BEGIN
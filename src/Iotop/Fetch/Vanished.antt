-- ===== src/Iotop/Fetch/Vanished.antt =====
-- What `fetch_data` (iotop-master/src/xxxid_info.c) returns, and when it fails.
use reading_comment.Common.{ℕ, Option, none, some, List, [], ◌∷◌, if◌then◌else◌}
use reading_comment.Common.Bytes.{Bytes}
use reading_comment.Iotop.Types.{XxxidStats, Params}
use reading_comment.Iotop.Fetch.{filter1, make_stats}

module _ {D : Type 0} where
  -- The processes that `filter1` lets through
  abbrev pub kept : Params → List (XxxidStats D) → List (XxxidStats D)
  kept p [] = []
  kept p (s ∷ l) = if filter1 p s then kept p l else s ∷ kept p l

  abbrev pub cons_stats : XxxidStats D → Option (List (XxxidStats D)) → Option (List (XxxidStats D))
  cons_stats s none = none
  cons_stats s (some l) = some (s ∷ l)

module _ {D : Type 0} (info : ℕ → Option (XxxidStats D)) (cmdline : ℕ → Option Bytes) where
  -- The statistics of all processes, if none of them has gone
  abbrev pub all_stats : List ℕ → Option (List (XxxidStats D))
  all_stats [] = some []
  all_stats (pid ∷ pids) = elim (make_stats info cmdline pid) [
    | none ↦ none
    | some s ↦ cons_stats s (all_stats pids)
  ]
END
> **What you have to do**
The word "kept" appears in some lines of the data. Copy every one of those lines.

> **Response to the exercise**
  abbrev pub kept : Params → List (XxxidStats D) → List (XxxidStats D)
  kept p [] = []
  kept p (s ∷ l) = if filter1 p s then kept p l else s ∷ kept p l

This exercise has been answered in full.